You can't blame the customer for DirecTV's poor policies and processes. And you can't blame the customer because DirecTV is incapable of communicating effectively with the HSP, tech, or customer.

Stuff will still happen. But it should be the exception, not the rule. Besides, DirecTV has been doing this for 10 to 15 years. They should have enough data to estimate how much time a service call or install will take. They should be able to predict it 80 percent of the time to within 30 minutes, and they are giving themselves a 4 hour window.


----------



## JLucPicard (Apr 27, 2004)

Upstream said:


> So what you are basically saying, is it is DirecTV's fault, and sometimes the HSP's fault.
> 
> From your examples:
> _- Work order says "New install, 2 HD-DVRs." Customer insists on wallfishes. Attic is 145F, filled with precious, irreplacable Christmas decoractions that the tech has to spend 30 minutes moving around before he can get to the fish location. _ Again, this is a problem of DirecTV not confirming with the customer what the customer wants. If the customer wants wallfishes, then DirecTV should reflect that on the workorder (along with instructions on clearing out space for the wallfishes). Otherwise the written confirmation of the work order should tell the customer that it does not include wallfishes, and the confirmation should describe what is included.
> ...


While I don't see blame here on the customer's part for any of these situations, as to the first item I quoted, I have a feeling that most customers are not going to have a clue what "wallfishes" are and I don't really think the CSRs setting up these installs are going to be able to effectively "plan" and document what all will be involved in the installation - and if they tried, I would imagine it would wind up being an even BIGGER cluster-mess than it is now. Not to mention requiring even more phone time between the installer and DirecTV clearing up even messier and more incorrect workorders than there are now.

As to the second point (and I am not in the install business at all, nor the satellite business for that matter), from what I've read in posts on DBSTalk, there is not a lot of inventory on hand at install shops anyway and they are pretty much shipped what DirecTV expects they will need, so I really can't see that its really possible in today's environment for all of the HSPs/install shops to have excess inventory around to cover DOA receivers - whether new or refurbed. It would be nice, but I don't think feasible - especially on a national basis like DirecTV is.


----------



## RobertE (Jun 10, 2006)

Just to add to what IIP said.

Just today, I had a HD upgrade scheduled for a customer. It was supposed to be install a Slimline and add a new HD box somewhere. I think it was alloted 115 minutes.

Anyway, when I get there and start going over what needs to be done, I find out the work order isn't even close.
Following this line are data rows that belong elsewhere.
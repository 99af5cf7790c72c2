-- ===== src/Storage/Fetches/Latest.antt =====
-- Which row GetLatestFetchByURL gives.
use real_estate_robot.Base.{
  ◌≤◌, String, str_eq, ◌≡◌, ◌≢◌, ◌⊎◌, inl, inr, Bool-cases, Option, none, some, List, [], ◌∷◌,
  arith, In, subst, eq_iff, if◌then◌else◌,
}
use real_estate_robot.Storage.Rows.{ListingHtmlFetch}
use real_estate_robot.Storage.Fetches.{later, latest_from, get_latest_fetch_by_url}

-- No row of the table has this url and a later time.
abbrev pub IsNewest : String → ListingHtmlFetch → List ListingHtmlFetch → Type 0
IsNewest url r [] = Unit
IsNewest url r (s ∷ rest) = ((s.url ≢ url) ⊎ (s.fetched_at ≤ r.fetched_at)) × IsNewest url r rest

abbrev step : String → Option ListingHtmlFetch → ListingHtmlFetch → Option ListingHtmlFetch
step url best s = if str_eq s.url url then some (later best s) else best

-- The best row so far is not later than the answer.
abbrev Bounds : Option ListingHtmlFetch → ListingHtmlFetch → Type 0
Bounds none r = Unit
Bounds (some b) r = b.fetched_at ≤ r.fetched_at

latest_from-Bounds :
    (best : Option ListingHtmlFetch) (url : String) (table : List ListingHtmlFetch)
    (r : ListingHtmlFetch)
    → latest_from best url table ≡ some r
    → Bounds best r × IsNewest url r table
unfolding latest_from
latest_from-Bounds none url [] r e = absurd (ground arith)
latest_from-Bounds (some b) url [] r e = (ground arith, tt)
latest_from-Bounds best url (s ∷ rest) r e =
    let (near, far) = latest_from-Bounds (step url best s) url rest r e in
    (bound_of best near, (after_of best near, far))
  where
    bound_of : (b : Option ListingHtmlFetch) → Bounds (step url b s) r → Bounds b r
    bound_of none h = tt
    bound_of (some b) h = ground arith

    after_of :
        (b : Option ListingHtmlFetch)
        → Bounds (step url b s) r
        → (s.url ≢ url) ⊎ (s.fetched_at ≤ r.fetched_at)
    after_of b h = elim (Bool-cases (str_eq s.url url)) [
      | inl same ↦
          inr (at_most b (subst (λ t. Bounds (if t then some (later b s) else b) r) same h))
      | inr other ↦ inl (λ x. ground (arith, eq_iff s.url url))
    ]
      where
        at_most :
            (b : Option ListingHtmlFetch)
            → Bounds (some (later b s)) r
            → s.fetched_at ≤ r.fetched_at
        at_most none h = h
        at_most (some b) h = ground arith

latest_from-origin :
    (best : Option ListingHtmlFetch) (url : String) (table : List ListingHtmlFetch)
    (r : ListingHtmlFetch)
    → latest_from best url table ≡ some r
    → (best ≡ some r) ⊎ (In r table × (r.url ≡ url))
unfolding latest_from
latest_from-origin best url [] r e = inl e
latest_from-origin best url (s ∷ rest) r e =
    elim (latest_from-origin (step url best s) url rest r e) [
      | inr (h, u) ↦ inr (inr h, u)
      | inl b ↦ from_step best b
    ]
  where
    from_step :
        (b : Option ListingHtmlFetch)
        → step url b s ≡ some r
        → (b ≡ some r) ⊎ (((s ≡ r) ⊎ In r rest) × (r.url ≡ url))
    from_step none h = ground (arith, eq_iff s.url url)
    from_step (some b) h = ground (arith, eq_iff s.url url)

-- The row that GetLatestFetchByURL gives stands in the table under the url, and no row with that url
-- is later.
pub get_latest-IsNewest :
    (url : String) (table : List ListingHtmlFetch) (r : ListingHtmlFetch)
    → get_latest_fetch_by_url url table ≡ some r
    → In r table × (r.url ≡ url) × IsNewest url r table
unfolding get_latest_fetch_by_url
get_latest-IsNewest url table r e = elim (latest_from-origin none url table r e) [
  | inl h ↦ absurd (ground arith)
  | inr (h, u) ↦ (h, u, (latest_from-Bounds none url table r e).1)
]
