-- ===== src/Storage/Tests.antt =====
-- The tables' theorems at concrete rows.
use real_estate_robot.Base.{String, ◌≡◌, none, some, List, [], ◌∷◌, false}
use real_estate_robot.Storage.Rows.{Seller}
use real_estate_robot.Storage.Sellers.{UpsertSellerParams, inserted}
use real_estate_robot.Storage.Sellers.Replay.{
  Statement, upserting, marking, labeling, execute_all, map_of, carry_out_all, execute_all-map_of,
}

abbrev seller_of : String → UpsertSellerParams
seller_of key = record {
  olx_user_id = key;
  display_name = some "Olena";
  profile_url = none;
  is_business = false;
  phone_hash = none;
  avatar_url = none;
  location = none;
  registered_at = some 7;
  raw = [];
}

abbrev sellers : List Seller
sellers = inserted 10 1 (seller_of "u1") ∷ inserted 11 2 (seller_of "u2") ∷ []

abbrev statements : List Statement
statements = upserting 20 3 (seller_of "u2") ∷ marking 21 1 ∷ labeling 22 "owner" "u1" ∷ []

execute_all-map_of_example :
    map_of (execute_all statements sellers) ≡ carry_out_all statements (map_of sellers)
execute_all-map_of_example = execute_all-map_of statements sellers
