-- ===== src/Scheduler/Leases.antt =====
-- Leases on decode slots, and the feedback that gives slots back: prism_serve/scheduler/scheduler.py.
use prism_serve.Base.{
  ℕ, ◌+◌, ◌-◌, min, String, Bool, true, false, not, ◌||◌, Option, none, some, List, if◌then◌else◌,
  get_or, ◌==◌, nat_key, text_key, pair_key, filter, value_error, assertion_error, key_error, ok,
  err, Action,
}
use prism_serve.Base.Dict.{values, lookup, contains, insert}
use prism_serve.Scheduler.State.{
  LeaseState, reserved, active, quarantined, released, DecodeSlotLease, Env, PdScheduler,
}

unfoldable pub code : LeaseState → ℕ
code reserved = 1
code active = 2
code quarantined = 3
code released = 4

-- `==` of two lease states
abbrev pub same : LeaseState → LeaseState → Bool
same s t = code s == code t

unfoldable pub put_lease : String → DecodeSlotLease → PdScheduler → PdScheduler
put_lease operation_id l s = record s { slot_leases = insert operation_id l s.slot_leases }

-- `free[i] = min(maximum, free[i] + 1)`, of an instance that is known
unfoldable pub give_back : String → PdScheduler → PdScheduler
give_back instance_id s = elim (lookup instance_id s.decode_free_slots) [
  | none ↦ s
  | some free ↦ record s {
    decode_free_slots =
        insert instance_id (min (get_or (lookup instance_id s.decode_max_slots) 0) (free + 1))
          s.decode_free_slots;
  }
]

-- `free[i] = max(0, free[i] - 1)`, of an instance that is known
unfoldable pub take_back : String → PdScheduler → PdScheduler
take_back instance_id s = elim (lookup instance_id s.decode_free_slots) [
  | none ↦ s
  | some free ↦ record s { decode_free_slots = insert instance_id (free - 1) s.decode_free_slots }
]

unfoldable pub new_lease : Env → String → String → String → DecodeSlotLease
new_lease env instance_id req_id operation_id = record {
  lease_id = env.token;
  operation_id = operation_id;
  req_id = req_id;
  instance_id = instance_id;
  state = reserved;
  reserved_at = env.now;
  release_cleanup_id = none;
}

unfoldable pub reserve_decode_slot :
    Env → String → String → String → Action PdScheduler (Option DecodeSlotLease)
reserve_decode_slot env instance_id req_id operation_id s =
    if operation_id == ""
    then (err (assertion_error "decode slot reservation requires operation_id"), s)
    else elim (lookup operation_id s.slot_leases) [
      | some existing ↦ (ok (if same existing.state released then none else some existing), s)
      | none ↦
          if not (env.can_route instance_id)
            || get_or (lookup instance_id s.decode_free_slots) 0 == 0
          then (ok none, s)
          else (
            ok (some (new_lease env instance_id req_id operation_id)),
            put_lease operation_id (new_lease env instance_id req_id operation_id)
                (take_back instance_id s),
          )
    ]

unfoldable pub adopt_picked_decode_slot :
    Env → String → String → String → Action PdScheduler DecodeSlotLease
adopt_picked_decode_slot env instance_id req_id operation_id s =
    if operation_id == ""
    then (err (assertion_error "decode slot adoption requires operation_id"), s)
    else if contains operation_id s.slot_leases
    then (err (value_error "decode operation already has a slot lease"), s)
    else if not (contains instance_id s.decode_free_slots)
    then (err (value_error "unknown decode instance"), s)
    else (
      ok (new_lease env instance_id req_id operation_id),
      put_lease operation_id (new_lease env instance_id req_id operation_id) s,
    )

unfoldable pub commit_decode_slot : String → Action PdScheduler (Unit {0})
commit_decode_slot operation_id s = elim (lookup operation_id s.slot_leases) [
  | none ↦ (err key_error, s)
  | some l ↦ (
    ok tt,
    if same l.state reserved then put_lease operation_id (record l { state = active }) s else s,
  )
]

-- A lease that ends gives its slot back.
unfoldable pub end_lease : String → DecodeSlotLease → Option String → PdScheduler → PdScheduler
end_lease operation_id l cleanup_id s =
    give_back l.instance_id
      (put_lease operation_id (record l { state = released; release_cleanup_id = cleanup_id }) s)

unfoldable pub release_decode_slot : String → Action PdScheduler Bool
release_decode_slot operation_id s = elim (lookup operation_id s.slot_leases) [
  | none ↦ (ok false, s)
  | some l ↦
      if same l.state released || same l.state quarantined
      then (ok false, s)
      else if same l.state active
      then (err (value_error "cannot rollback an active decode slot"), s)
      else (ok true, end_lease operation_id l l.release_cleanup_id s)
]

unfoldable pub quarantine_decode_slot : String → Action PdScheduler (Unit {0})
quarantine_decode_slot operation_id s = elim (lookup operation_id s.slot_leases) [
  | none ↦ (err key_error, s)
  | some l ↦
      if same l.state released
      then (err (value_error "cannot quarantine a released decode slot"), s)
      else (ok tt, put_lease operation_id (record l { state = quarantined }) s)
]

-- `x is not None and x != y`
abbrev pub differs : Option String → Option String → Bool
differs none y = false
differs (some x) none = true
differs (some x) (some y) = not (x == y)

unfoldable pub release_quarantined_decode_slot :
    String → Option String → Option String → Action PdScheduler Bool
release_quarantined_decode_slot operation_id lease_id cleanup_id s =
    elim (lookup operation_id s.slot_leases) [
      | none ↦ (ok false, s)
      | some l ↦
          if differs lease_id (some l.lease_id)
          then (err (value_error "decode slot lease id mismatch"), s)
          else if same l.state released
          then (if differs cleanup_id l.release_cleanup_id
              then (err (value_error "released slot replay changed cleanup id"), s)
              else (ok false, s))
          else if not (same l.state quarantined)
          then (ok false, s)
          else (ok true, end_lease operation_id l cleanup_id s)
    ]

unfoldable pub restore_quarantined_decode_slot :
    String → String → String → Action PdScheduler (Unit {0})
restore_quarantined_decode_slot operation_id lease_id cleanup_id s =
    elim (lookup operation_id s.slot_leases) [
      | none ↦ (err key_error, s)
      | some l ↦
          if not (l.lease_id == lease_id)
          then (err (value_error "decode slot lease id mismatch"), s)
          else if not (same l.state released) || differs (some cleanup_id) l.release_cleanup_id
          then (err (value_error "decode slot was not released by this cleanup"), s)
          else (
            ok tt,
            take_back l.instance_id (
                put_lease operation_id (record l { state = quarantined; release_cleanup_id = none })
                  s),
          )
    ]

unfoldable pub restore_replaced_decode_slot :
    String → String → String → LeaseState → Action PdScheduler (Unit {0})
restore_replaced_decode_slot operation_id lease_id cleanup_id previous_state s =
    if same previous_state released
    then (err (value_error "invalid replacement lease state"), s)
    else elim (lookup operation_id s.slot_leases) [
      | none ↦ (err key_error, s)
      | some l ↦
          if not (l.lease_id == lease_id)
          then (err (value_error "decode slot lease id mismatch"), s)
          else if same l.state released
          then (if differs (some cleanup_id) l.release_cleanup_id
              then (err (value_error "decode slot was not released by this cleanup"), s)
              else (
                ok tt,
                put_lease operation_id
                    (record l { state = previous_state; release_cleanup_id = none })
                    (take_back l.instance_id s),
              ))
          else if not (same l.state quarantined)
          then (err (value_error "replacement rollback requires quarantined/released slot"), s)
          else (
            ok tt,
            put_lease operation_id (record l { state = previous_state; release_cleanup_id = none })
                s,
          )
    ]

abbrev pub decode_slot_lease : String → PdScheduler → Option DecodeSlotLease
decode_slot_lease operation_id s = lookup operation_id s.slot_leases

abbrev pub quarantined_decode_leases : PdScheduler → List DecodeSlotLease
quarantined_decode_leases s = filter (λ l. same l.state quarantined) (values s.slot_leases)

abbrev pub replacement_decode_leases : PdScheduler → List DecodeSlotLease
replacement_decode_leases s = filter (λ l. not (same l.state released)) (values s.slot_leases)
The customer had two old Hughes boxes active on a basic dish. He also has obtained from somewhere an R15 and a D11 that he also wants installed. In addition to those mystery boxes, he wants a second HD box. To make all of that work, we'll now need to add a 6x8 to the mix. There is zero chance off all this getting installed in the time alloted. 

It's surprises like these that blow up any chance of making later appointments on time.

I don't care who's fault it is, be it the customer for not telling the CSR what he really wants/has or the CSR being lazy and building the work order for whatever will fit under "free". (To add to the lazy CSR, I've had many customers say "The CSR said to tell you '...' " It's a CSRs way of not having to battle with the customer over whats free/not free)

Again, don't care who's at fault. Just give me a work order that is correct with sufficient time to complete it.


----------



## TBoneit (Jul 27, 2006)

RobertE, I am a customer, not an installer, however the customer needs to understand that anything not on the work order will an extra charge or have to be scheduled at another time. If that makes me unkind then so be it. They are the ones looking for extra freebies and as a result being unkind to the rest of the days scheduled customers that are sitting there waiting for you to show. 


Sorry for getting on the soapbox below. :soapbox: 
When I quote a price for computer repair and the customer brings in the computer and says "As long as you are working on it I also need ............. 

They hear that will cost more than I quoted. Then there are the mystery repairs. When the computer comes in I Always say write down all the problems. They write down some. When they come to pick it up they ask about what isn't written down. 
I tell them I refer to the paper for what to do, They say but I told you what needs doing. My answer is that by the time I get to it all that days computers run together for what is needed. I use what they write down as a memory aid. 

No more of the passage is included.